Na, welche Nein-Strategie funktioniert für Sie am besten? Probieren Sie einmal ein paar aus. Und schreiben Sie mir gerne!

... Weiterlesen >>

Ankerübung – Moment of Excellence

Es gibt Momente, in denen wir uns besonders klar, stark, sortiert und energievoll fühlen. Diese lassen sich für eine effektive und jederzeit abrufbare Technik des Selbstmanagements nutzen, den „Moment of Excellence“ oder die „Ankerübung“. In Momenten, in denen Sie sich gestresst, unklar, schlapp oder sonstwie nicht gut fühlen, in einer Konfliktsituation oder wenn Sie etwas vortragen müssen oder ähnliches, können Sie diese einfache, aber wirksame Mentaltechnik aus dem Neurolinguistischen Programmieren (NLP) einsetzen. Viele Spitzensportler nützen sie vor Wettkämpfen, auch Sie können sich damit in einen Zustand der Klarheit, Lösungsorientiertheit, Stärke bringen. Und das geht so:

 

Finden Sie einen „Moment of Excellence“

Suchen Sie sich einen Ort, an dem Sie ungestört 20-30 Minuten für sich alleine verbringen können.
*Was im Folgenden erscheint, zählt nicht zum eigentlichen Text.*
-- ===== src/ExportJobs/Promises.antt =====
-- What the statements promise their callers: a request for an export that is repeated makes no second one, and a
-- reservation takes no more than its limit, and only what has expired.
use family_tree_app.Prelude.{
  select, first_row, ℕ, ◌≤◌, ◌≡◌, refl, inl, inr, Bool, true, false, not, ◌||◌, ◌&&◌, Option, some,
  List, ◌∷◌, [], Text, codes, length, length-map, length-take-le, text_eq_refl, is_empty, text_eq,
  ◌==◌, ==_refl, Option-cases, Result-cases, In, In-map, ok, arith,
}
use family_tree_app.ExportJobs.Domain.{Export, CleanupCandidate, is_completed, is_expired}
use family_tree_app.ExportJobs.Store.{
  ExportDatabase, Call, begin, authorize, insert_export, read_existing, commit, from_queue, call,
  require_export_creator,
}
use family_tree_app.ExportJobs.Requests.{
  created_export, same_request, same_json, export_job, create_accessible,
}
use family_tree_app.ExportJobs.Steps.{
  expires_by, is_cleanup_candidate, earliest_first, candidates, to_candidate,
  reserve_cleanup_candidates,
}
use family_tree_app.ExportJobs.Changes.{reserve_cleanup_candidates-Rows}
use family_tree_app.ExportJobs.Candidates.{candidates-In}
use family_tree_app.Relations.Store.{is_editable}
use family_tree_app.Jobs.Enqueue.{enqueue_with}

-- The identifier and the time of a request that is repeated are its own.
pub record IsRepeated (e e2 : Export) : Type 0 where
  pub same_tree : e2.tree_id ≡ e.tree_id
  pub same_actor : e2.requested_by ≡ e.requested_by
  pub same_request_id : e2.client_request_id ≡ e.client_request_id
  pub same_format : e2.format ≡ e.format
  pub same_schema : e2.schema_version ≡ e.schema_version
  pub same_parameters : e2.parameters ≡ e.parameters

module _ (io : Call → Bool) (uuid_string : ℕ → Text) (json_valid : Text → Bool)
    (canonical_json : Text → Text) (canonical : Text → Option Text) where
  same_json_refl : (t : Text) → same_json canonical t t ≡ true
  unfolding same_json
  same_json_refl t = elim (Option-cases (canonical t)) [
    | inl bad ↦ ground (arith, bad, text_eq_refl t)
    | inr (c, good) ↦ ground (arith, good, text_eq_refl c)
  ]

  again :
      (audit_id job_id : ℕ) (e2 r : Export) (db : ExportDatabase)
      → io begin ≡ true
      → io authorize ≡ true
      → io insert_export ≡ true
      → io read_existing ≡ true
      → io commit ≡ true
      → is_editable db.base e2.tree_id e2.requested_by ≡ true
      → first_row (same_request e2) db.exports ≡ some r
      → text_eq r.format e2.format ≡ true
      → (r.schema_version == e2.schema_version) ≡ true
      → same_json canonical r.parameters e2.parameters ≡ true
      → create_accessible io uuid_string json_valid canonical_json canonical audit_id job_id e2 db
        ≡ ok (r, false, db)
  unfolding create_accessible call require_export_creator
  again audit_id job_id e2 r db b a i x c may found format schema json =
      rw (b, a, i, may, found, format, schema, json, x, c) refl

  -- A request that has made an export, asked again, gives that export and changes nothing, where the
  -- database answers: the job that makes the result is not there twice.
  pub create_accessible_twice :
      (audit_id job_id audit_id2 job_id2 : ℕ) (e e2 e' : Export) (db db' : ExportDatabase)
      → ((c : Call) → io c ≡ true)
      → IsRepeated e e2
      → create_accessible io uuid_string json_valid canonical_json canonical audit_id job_id e db
        ≡ ok (e', true, db')
      → create_accessible io uuid_string json_valid canonical_json canonical audit_id2 job_id2 e2
          db'
        ≡ ok (created_export e, false, db')
  unfolding create_accessible call require_export_creator from_queue same_request created_export
      first_row
  create_accessible_twice audit_id job_id audit_id2 job_id2 e e2 e' db db' answers same h =
      elim (Option-cases (first_row (same_request e) db.exports)) [
        | inr (r, found) ↦ absurd (ground (arith, found))
        | inl missing ↦
            elim (Result-cases (
              enqueue_with json_valid canonical_json
                (export_job uuid_string (codes "export.generate") job_id e.tree_id e.id
                  e.created_at)
                db.jobs)) [
                  | inr (f, q) ↦ absurd (ground (arith, missing, q))
                  | inl (out, q) ↦
                      let base : db'.base ≡ db.base = ground (arith, missing, q) in
                      let rows : db'.exports ≡ created_export e ∷ db.exports =
                        ground (arith, missing, q) in
                      let allowed : is_editable db.base e.tree_id e.requested_by ≡ true =
                        ground (arith, missing, q) in
                      let may : is_editable db'.base e2.tree_id e2.requested_by ≡ true =
                        rw (base, same.same_tree, same.same_actor) allowed in
                      let found : first_row (same_request e2) db'.exports
                          ≡ some (created_export e) =
                        rw (rows, same.same_tree, same.same_actor, same.same_request_id)
                          (ground (
                            arith,
                            ==_refl e.tree_id,
                            ==_refl e.requested_by,
                            ==_refl e.client_request_id,
                          )) in
                      let format : text_eq e.format e2.format ≡ true =
                        rw same.same_format (text_eq_refl e.format) in
                      let schema : (e.schema_version == e2.schema_version) ≡ true =
                        rw same.same_schema (==_refl e.schema_version) in
                      let json : same_json canonical e.parameters e2.parameters ≡ true =
                        rw same.same_parameters (same_json_refl e.parameters) in
                      again audit_id2 job_id2 e2 (created_export e) db' (answers begin)
                        (answers authorize) (answers insert_export) (answers read_existing)
                        (answers commit) may found format schema json
                ]
      ]

module _ (io : Call → Bool) where
  -- A reservation takes no more exports than its limit, and each is one that has expired by the instant, or
  -- that was expired and has a result still.
  pub reserve_cleanup_candidates_takes :
      (instant limit now : ℕ) (db db' : ExportDatabase) (cs : List CleanupCandidate)
      → reserve_cleanup_candidates io instant limit now db ≡ ok (cs, db')
      → (length cs ≤ limit)
        × ((c : CleanupCandidate)
            → In c cs
            → (e : Export) × In e db.exports
              × (c ≡ to_candidate e)
              × (((is_completed e.status && expires_by instant e.expires_at)
                    || (is_expired e.status && not (is_empty e.result_object_key)))
                  ≡ true))
  unfolding candidates is_cleanup_candidate
  reserve_cleanup_candidates_takes instant limit now db db' cs h =
      let (_, taken, _) = reserve_cleanup_candidates-Rows io (λ _. []) instant limit now db h in
      (
        rw taken (
            omega (
              arith,
              length-map to_candidate (candidates instant limit db.exports),
              length-take-le limit
                  (earliest_first (select (is_cleanup_candidate instant) db.exports)),
            )),
        λ c i.
            let (e, j, same) =
              In-map c to_candidate (candidates instant limit db.exports) (rw taken at i) in
            let (listed, expired) = candidates-In instant limit db.exports e j in
            (e, listed, same, expired),
      )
Nehmen Sie eine bequeme Sitzhaltung ein. Wenn Sie mögen, schließen Sie die Augen. Und erinnern Sie sich an drei Lebenssituationen, in denen Sie sich besonders stark, klar, kraftvoll gefühlt haben, in denen Sie vollen Zugang zu Ihren Stärken und Fähigkeiten hatten und dies spüren konnten. Das mag eine Bergtour sein, eine gut gelöste schwierige Aufgabe, ein erfolgreiches Vorstellungsgespräch, nur als Beispiele. Vergegenwärtigen Sie sich diese drei schönen Situationen – und suchen Sie spontan die eine davon aus, in der Sie sich am allerbesten, am allerstärksten, am allerklarsten gefühlt haben.
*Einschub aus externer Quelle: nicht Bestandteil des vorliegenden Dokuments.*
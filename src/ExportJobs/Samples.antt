-- ===== src/ExportJobs/Samples.antt =====
-- A tree whose owner asks for an export, runs of the handlers, and the theorems at these inputs.
use family_tree_app.Prelude.{
  first_row, ℕ, ◌≡◌, ◌≤◌, refl, inl, arith, Bool, true, false, not, ◌&&◌, ◌||◌, Option, none, some,
  [], ◌∷◌, map, Text, codes, is_empty, text_eq, text_functions, any, count_if, select, update_first,
  In, length, ok, err,
}
use family_tree_app.Relations.Store.{Database, is_editable}
use family_tree_app.ExportJobs.Domain.{
  Export, CreateValues, CleanupCandidate, new, supported_format, is_visual_format, result_filename,
  can_download, expires_after, is_completed, is_expired,
}
use family_tree_app.ExportJobs.Store.{
  ExportDatabase, MutationContext, Call, refused, is_export, is_active_member, is_live_tree,
  can_see, is_newer, insert_newest, newest_first, from_queue, call, require_export_creator,
}
use family_tree_app.ExportJobs.Requests.{
  created_export, same_request, expire, is_before, same_json, encode_payload, export_job,
  create_accessible, expire_accessible, get_accessible, list_accessible, record_download,
}
use family_tree_app.ExportJobs.Steps.{
  start_generation, complete, record_failure, clear_result, has_mime_type, has_result, shares_key,
  is_running_export, is_unfinished_export, is_expired_export, expires_by, is_cleanup_candidate,
  expires_earlier, insert_earliest, earliest_first, candidates, to_candidate,
  acquire_for_generation, mark_completed, mark_failed, reserve_cleanup_candidates,
  get_deletion_candidate, clear_expired_result,
}
use family_tree_app.ExportJobs.Generator.{
  World, Renderers, Config, is_refusal, has_key, put, remove, result_name, result_object_key,
  within, build, mark_failed_or_join, retry_or_fail, settle_failure, finish, store_result, generate,
  handle_acquired, handle_generate,
}
use family_tree_app.ExportJobs.Cleanup.{
  clear_row, delete_candidate, delete_candidates, handle_cleanup, handle_delete,
}
use family_tree_app.ExportJobs.Keys.{IsCanonical}
use family_tree_app.ExportJobs.Rows.{is_unfinished}
use family_tree_app.ExportJobs.Kept.{IsKept}
use family_tree_app.ExportJobs.History.{
  done, create, generates, ExportSteps-IsKept, handle_generate-ends,
}
use family_tree_app.ExportJobs.Promises.{create_accessible_twice, reserve_cleanup_candidates_takes}
use family_tree_app.ExportJobs.Domain
use family_tree_app.ExportJobs.Store
use family_tree_app.Jobs.Queue.{Job, text_is}
use family_tree_app.Jobs.Enqueue.{
  enqueue_with, validate, queued_job, stored_key, same_key, first_of_list,
}

program : Unit {0}
unfolding first_row any count_if select update_first text_functions is_editable new supported_format
    is_visual_format can_download expires_after is_export is_active_member is_live_tree can_see
    is_newer insert_newest newest_first from_queue call require_export_creator created_export
    same_request expire is_before same_json encode_payload export_job create_accessible
    expire_accessible get_accessible list_accessible record_download enqueue_with validate
    queued_job stored_key same_key first_of_list text_is
program = tt

worker_program : Unit {0}
unfolding program start_generation complete record_failure clear_result has_mime_type has_result
    shares_key is_running_export is_unfinished_export is_expired_export expires_by
    is_cleanup_candidate expires_earlier insert_earliest earliest_first candidates
    acquire_for_generation mark_completed mark_failed reserve_cleanup_candidates
    get_deletion_candidate clear_expired_result is_refusal has_key put remove result_name
    result_object_key within build mark_failed_or_join retry_or_fail settle_failure finish
    store_result generate handle_acquired handle_generate clear_row delete_candidate
    delete_candidates handle_cleanup handle_delete
worker_program = tt

abbrev answers : Call → Bool
answers c = true

-- Identifiers of 36 characters that tell them apart.
abbrev uuid_string : ℕ → Text
uuid_string i = i ∷ codes "-0000-0000-0000-0000-0000-0000-0000"

uuid_string-IsCanonical : IsCanonical uuid_string
uuid_string-IsCanonical = record { width = λ i. refl; distinct = λ i j h. cc }

abbrev any_text : Text → Bool
any_text s = true

abbrev same_text : Text → Text
same_text s = s

abbrev some_text : Text → Option Text
some_text s = some s

abbrev base : Database
base = record {
  trees = record { id = 1; deleted_at = none } ∷ [];
  members = record { tree_id = 1; user_id = 9; role = codes "owner"; status = codes "active" } ∷ [];
  persons = [];
  relations = [];
  audit_log = [];
}

abbrev empty_database : ExportDatabase
empty_database = record { base = base; exports = []; jobs = []; audit_log = [] }

abbrev renderers : Renderers (Unit {0})
renderers = record {
  load_manifest = λ e db. ok tt;
  encode_manifest = λ s. ok (codes "{}");
  build_zip = λ e s objects. ok (codes "zip");
  render_visual = λ s format. ok (codes "<svg/>", codes "image/svg+xml");
  render_gedcom = λ s. ok (codes "0 HEAD");
  build_gedzip = λ e s objects. ok (codes "zip");
}

abbrev config : Config
config = record { result_ttl = 1000; max_archive_bytes = 100 }

abbrev asked : Export
asked = record {
  id = 71;
  tree_id = 1;
  client_request_id = 5;
  requested_by = 9;
  format = codes "json_backup";
  schema_version = 1;
  parameters = codes "{}";
  status = Domain.queued;
  progress = 0;
  result_object_key = [];
  result_mime_type = [];
  result_size_bytes = 0;
  result_checksum = [];
  error_code = [];
  created_at = 100;
  updated_at = 100;
  started_at = none;
  finished_at = none;
  expires_at = none;
}

new_run :
    new 71 1 9 (record { client_request_id = 5; format = codes " json_backup " }) 100 ≡ ok asked
unfolding program
new_run = refl

abbrev after_request : ExportDatabase
after_request = record empty_database {
  exports = asked ∷ [];
  jobs = queued_job (export_job uuid_string (codes "export.generate") 81 1 71 100) ∷ [];
  audit_log =
      record {
        id = 31;
        tree_id = 1;
        actor_user_id = 9;
        action = Store.export_created;
        entity_id = 71;
        created_at = 100;
      }
      ∷ [];
}

create_run :
    create_accessible answers uuid_string any_text same_text some_text 31 81 asked empty_database
    ≡ ok (asked, true, after_request)
unfolding program
create_run = refl

create_accessible_twice_example :
    create_accessible answers uuid_string any_text same_text some_text 32 82
      (record asked { id = 72; created_at = 150 })
      after_request
    ≡ ok (created_export asked, false, after_request)
create_accessible_twice_example =
    create_accessible_twice answers uuid_string any_text same_text some_text 31 81 32 82 asked
      (record asked { id = 72; created_at = 150 }) asked empty_database after_request (λ c. refl)
      (record {
        same_tree = refl;
        same_actor = refl;
        same_request_id = refl;
        same_format = refl;
        same_schema = refl;
        same_parameters = refl;
      })
      create_run

-- The payload that the queue has, read.
abbrev decode : Text → Option (ℕ × ℕ)
decode payload = some (1, 71)

abbrev generate_job : Job
generate_job = record (queued_job (export_job uuid_string (codes "export.generate") 81 1 71 100)) {
  attempts = 5;
}

abbrev start_world : World
start_world = record { database = empty_database; objects = [] }

abbrev asked_world : World
asked_world = record { database = after_request; objects = [] }

-- The checksum of every body.
abbrev checksum : Text → Text
checksum body = codes "c0ffee"

abbrev nothing : World → World
nothing w = w

abbrev after_generation : World
after_generation =
    (handle_generate answers renderers config uuid_string checksum nothing decode generate_job 110
      120 asked_world).1

generate_run :
    (handle_generate answers renderers config uuid_string checksum nothing decode generate_job 110
      120 asked_world).0
    ≡ []
unfolding worker_program
generate_run = refl

download_run :
    map (λ (e : Export). can_download e 130) after_generation.database.exports ≡ true ∷ []
unfolding worker_program
download_run = refl

-- The owner removes the export while its result is stored and not marked: the object goes again.
abbrev removal : MutationContext
removal = record {
  audit_id = 33;
  actor_user_id = 9;
  tree_id = 1;
  export_id = 71;
  occurred_at = 115;
}

abbrev removes : World → World
removes w =
    elim (expire_accessible answers uuid_string any_text same_text some_text 83 removal
      w.database) [ ok db ↦ record w { database = db } | err failure ↦ w ]

conflict_run :
    handle_generate answers renderers config uuid_string checksum removes decode generate_job 110
      120 asked_world
    ≡ (
      [],
      (removes (record asked_world {
        database = record after_request { exports = start_generation 110 asked ∷ [] };
      })),
    )
unfolding worker_program
conflict_run = refl

start_world-IsKept : IsKept uuid_string start_world
unfolding count_if
start_world-IsKept = record {
  unique = λ i. omega arith;
  keyed = λ e i. absurd i;
  present = λ e i c. absurd i;
}

ExportSteps-IsKept_example : IsKept uuid_string after_generation
ExportSteps-IsKept_example =
    ExportSteps-IsKept renderers config uuid_string checksum any_text same_text some_text decode
      uuid_string-IsCanonical start_world-IsKept
      (generates answers generate_job 110 120 nothing
        (create answers 31 81 asked asked true after_request done create_run) (λ v. done))

asked_world-IsKept : IsKept uuid_string asked_world
asked_world-IsKept =
    ExportSteps-IsKept renderers config uuid_string checksum any_text same_text some_text decode
      uuid_string-IsCanonical start_world-IsKept
      (create answers 31 81 asked asked true after_request done create_run)

-- The export of the last attempt: here it is completed.
abbrev ended : Export
ended = record asked {
  status = Domain.completed;
  progress = 100;
  result_object_key = result_object_key uuid_string 1 71 (codes "json_backup") (codes "c0ffee");
  result_mime_type = codes "application/json";
  result_size_bytes = 2;
  result_checksum = codes "c0ffee";
  updated_at = 120;
  started_at = some 110;
  finished_at = some 120;
  expires_at = some 1120;
}

ended-In : In ended after_generation.database.exports
unfolding worker_program
ended-In = inl refl

generate_kind : text_eq generate_job.kind (codes "export.generate") ≡ true
unfolding worker_program
generate_kind = refl

last_attempt : generate_job.max_attempts ≤ generate_job.attempts
unfolding worker_program
last_attempt = omega arith

handle_generate-ends_example : is_unfinished ended ≡ false
handle_generate-ends_example =
    handle_generate-ends renderers config uuid_string checksum any_text same_text some_text decode
      uuid_string-IsCanonical answers generate_job 1 71 110 120 nothing asked_world (λ c. refl)
      (λ v. done) generate_kind refl refl refl last_attempt asked_world-IsKept ended ended-In refl
      refl

reserve_run :
    reserve_cleanup_candidates answers 2000 10 2001 after_generation.database
    ≡ ok (to_candidate ended ∷ [], record after_request { exports = expire 2001 ended ∷ [] })
unfolding worker_program
reserve_run = refl

reserve_cleanup_candidates_takes_example :
    (length (to_candidate ended ∷ []) ≤ 10)
    × ((c : CleanupCandidate)
        → In c (to_candidate ended ∷ [])
        → (e : Export) × In e after_generation.database.exports
          × (c ≡ to_candidate e)
          × (((is_completed e.status && expires_by 2000 e.expires_at)
                || (is_expired e.status && not (is_empty e.result_object_key)))
              ≡ true))
reserve_cleanup_candidates_takes_example =
    reserve_cleanup_candidates_takes answers 2000 10 2001 after_generation.database
      (record after_request { exports = expire 2001 ended ∷ [] }) (to_candidate ended ∷ [])
      reserve_run

-- The storage does not answer the removal of the object.
abbrev stuck : Call → Bool
stuck Store.delete_object = false
stuck _ = true

abbrev after_conflict : World
after_conflict =
    (handle_generate stuck renderers config uuid_string checksum removes decode generate_job 110 120
      asked_world).1

-- The job is tried again, and returns nil at once: the object stays.
retry_run :
    handle_generate answers renderers config uuid_string checksum nothing decode generate_job 130
      140 after_conflict
    ≡ ([], after_conflict)
unfolding worker_program
retry_run = refl

left_object_run : length after_conflict.objects ≡ 1
unfolding worker_program
left_object_run = refl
Versuchen Sie, diese Situation mit allen Sinnen nachzuerleben, in sie in allen Einzelheiten nochmals einzutauchen: Was sehen Sie? Was hören Sie? Was riechen, was fühlen Sie? Wie ist Ihre Körperhaltung? Wie fühlt sich Ihr Atem an?
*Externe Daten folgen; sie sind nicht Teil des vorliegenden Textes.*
-- ===== src/Exports.antt =====
-- internal/features/exports: the GEDCOM and the visual exports of a tree.
pub mod Texts
pub mod Lines
pub mod Families
pub mod Generations
pub mod Alignment
mod Samples
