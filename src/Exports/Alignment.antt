-- ===== src/Exports/Alignment.antt =====
-- `alignUnionRanks` of internal/features/exports/visual/scene.go: the generations of the persons, raised
-- until the members of a union share one and children stand below their parents. The map of ranks is a
-- function, 0 for a person that it lacks; a map is walked in the order of the list that stands for it.
use family_tree_app.Prelude.{
  ℕ, zero, suc, ◌+◌, Bool, true, false, List, [], ◌∷◌, ltb, leb, ◌==◌, if◌then◌else◌, Result, ok,
  err,
}

abbrev pub Ranks : Type 0
Ranks = ℕ → ℕ

-- The ranks, and whether the round has changed one.
abbrev pub State : Type 0
State = Ranks × Bool

unfoldable pub set_rank : Ranks → ℕ → ℕ → Ranks
set_rank ranks person rank = λ p. if p == person then rank else ranks p

unfoldable pub max_rank : Ranks → List ℕ → ℕ → ℕ
max_rank ranks [] maximum = maximum
max_rank ranks (p ∷ ps) maximum =
    max_rank ranks ps (if ltb maximum (ranks p) then ranks p else maximum)

unfoldable pub raise_member : ℕ → ℕ → State → State
unfolding set_rank
raise_member maximum person state =
    if ltb (state.0 person) maximum then (set_rank state.0 person maximum, true) else state

unfoldable pub raise_members : ℕ → List ℕ → State → State
unfolding raise_member
raise_members maximum [] state = state
raise_members maximum (p ∷ ps) state = raise_members maximum ps (raise_member maximum p state)

unfoldable pub align_unions : List (List ℕ) → State → State
unfolding raise_members max_rank
align_unions [] state = state
align_unions (ids ∷ unions) state =
    align_unions unions (raise_members (max_rank state.0 ids 0) ids state)

-- One pair of a parent and a child.
unfoldable pub lower_child : ℕ × ℕ → State → State
unfolding set_rank
lower_child edge state =
    if leb (state.0 edge.1) (state.0 edge.0)
    then (set_rank state.0 edge.1 (state.0 edge.0 + 1), true)
    else state

unfoldable pub lower_children : List (ℕ × ℕ) → State → State
unfolding lower_child
lower_children [] state = state
lower_children (edge ∷ edges) state = lower_children edges (lower_child edge state)

unfoldable pub align_round : List (List ℕ) → List (ℕ × ℕ) → Ranks → State
unfolding align_unions lower_children
align_round unions edges ranks = lower_children edges (align_unions unions (ranks, false))

pub data Error : Type 0 where
  export_source_invalid : Error

-- The loop, over the iterations left.
unfoldable pub align_from : ℕ → List (List ℕ) → List (ℕ × ℕ) → Ranks → Result Error Ranks
unfolding align_round
align_from zero unions edges ranks = err export_source_invalid
align_from (suc iterations) unions edges ranks =
    let next = align_round unions edges ranks in
    let rest = align_from iterations unions edges next.0 in if next.1 then rest else ok next.0

unfoldable pub align_union_ranks : List (List ℕ) → List (ℕ × ℕ) → ℕ → Ranks → Result Error Ranks
unfolding align_from
align_union_ranks unions edges person_count ranks = align_from (person_count + 1) unions edges ranks
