-- ===== src/Exports/Families.antt =====
-- How internal/features/exports/gedcom/gedcom.go spreads persons over families of at most two partners.
use family_tree_app.Prelude.{
  ℕ, ◌≤◌, ◌≡◌, inl, inr, refl, ap, Option, none, some, List, [], ◌∷◌, map, length, All, flat_map,
  In, map-In, arith,
}

-- `parentChunks`.
unfoldable pub parent_chunks : List ℕ → List (List ℕ)
parent_chunks [] = []
parent_chunks (a ∷ []) = (a ∷ []) ∷ []
parent_chunks (a ∷ b ∷ rest) = (a ∷ b ∷ []) ∷ parent_chunks rest

-- `partnerPairs`, of a list that is not empty: of none, `make` would panic on a negative capacity.
unfoldable pub partner_pairs : List ℕ → Option (List (List ℕ))
partner_pairs [] = none
partner_pairs (a ∷ []) = some ((a ∷ []) ∷ [])
partner_pairs (a ∷ b ∷ rest) = some (map (λ p. a ∷ p ∷ []) (b ∷ rest))

abbrev pub IsCouple : List ℕ → Type 0
IsCouple ids = (1 ≤ length ids) × (length ids ≤ 2)

-- The chunks have one or two parents each and hold the parents in their order, each once.
pub parent_chunks_lem :
    (ids : List ℕ)
    → All IsCouple (parent_chunks ids) × (flat_map (λ chunk. chunk) (parent_chunks ids) ≡ ids)
unfolding parent_chunks flat_map
parent_chunks_lem [] = (tt, refl)
parent_chunks_lem (a ∷ []) = (((omega arith, omega arith), tt), refl)
parent_chunks_lem (a ∷ b ∷ rest) =
    let (couples, whole) = parent_chunks_lem rest in
    (((omega arith, omega arith), couples), ap (λ z. a ∷ b ∷ z) whole)

All-pairs :
    (a : ℕ) (xs : List ℕ) → All (λ pair. IsCouple pair × In a pair) (map (λ p. a ∷ p ∷ []) xs)
All-pairs a [] = tt
All-pairs a (x ∷ xs) = (((omega arith, omega arith), inl refl), All-pairs a xs)

-- A person that a family has.
abbrev pub Covers : List (List ℕ) → ℕ → Type 0
Covers families p = (family : List ℕ) × In family families × In p family

Covers-pairs : (a : ℕ) (xs : List ℕ) (p : ℕ) → In p xs → Covers (map (λ q. a ∷ q ∷ []) xs) p
Covers-pairs a xs p i = (a ∷ p ∷ [], map-In p (λ q. a ∷ q ∷ []) xs i, inr (inl refl))

-- The members of a union become families of one or two partners: the first member is in each, and every
-- member is in some.
pub partner_pairs_lem :
    (a : ℕ) (rest : List ℕ)
    → (pairs : List (List ℕ)) × (partner_pairs (a ∷ rest) ≡ some pairs)
      × All (λ pair. IsCouple pair × In a pair) pairs
      × ((p : ℕ) → In p (a ∷ rest) → Covers pairs p)
unfolding partner_pairs
partner_pairs_lem a [] = (
  (a ∷ []) ∷ [],
  refl,
  (((omega arith, omega arith), inl refl), tt),
  λ p i. (a ∷ [], inl refl, i),
)
partner_pairs_lem a (b ∷ rest) = (
  map (λ p. a ∷ p ∷ []) (b ∷ rest),
  refl,
  All-pairs a (b ∷ rest),
  λ p i. elim i [ inl e ↦ (a ∷ b ∷ [], inl refl, inl e) | inr j ↦ Covers-pairs a (b ∷ rest) p j ],
)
Zoomen Sie sich quasi in den „Moment of Excellence“ hinein, in ganz groß, ganz bunt, kosten Sie ihn ganz intensiv aus, in vollen Zügen. Geben Sie diesem Moment ein kurzes Kennwort, eine Überschrift – und setzen Sie anschließend einen so genannten Separator: Öffnen Sie die Augen, trinken Sie ein Glas Wasser, gehen Sie ein paar Schritte oder ähnliches, kommen Sie wieder im Hier und Jetzt an.

 

Setzen Sie einen Anker

Unsere äußere Haltung, unsere Gestik und Mimik spiegelt immer unser inneres Erleben wieder. Äußere Reize lösen aber auch umgekehrt innere Zustände aus. Und das können Sie jetzt bewusst nutzen: Begeben Sie sich wieder in eine bequeme Haltung, schließen Sie, wenn Sie mögen, wieder die Augen – und rufen Sie sich über Ihr Kennwort Ihre Erfolgssituation wieder auf. Tauchen Sie mit allen Sinnen in den Moment ein, fühlen Sie die Kraft und Freude und Klarheit aus dieser „Alles läuft!“-Situation!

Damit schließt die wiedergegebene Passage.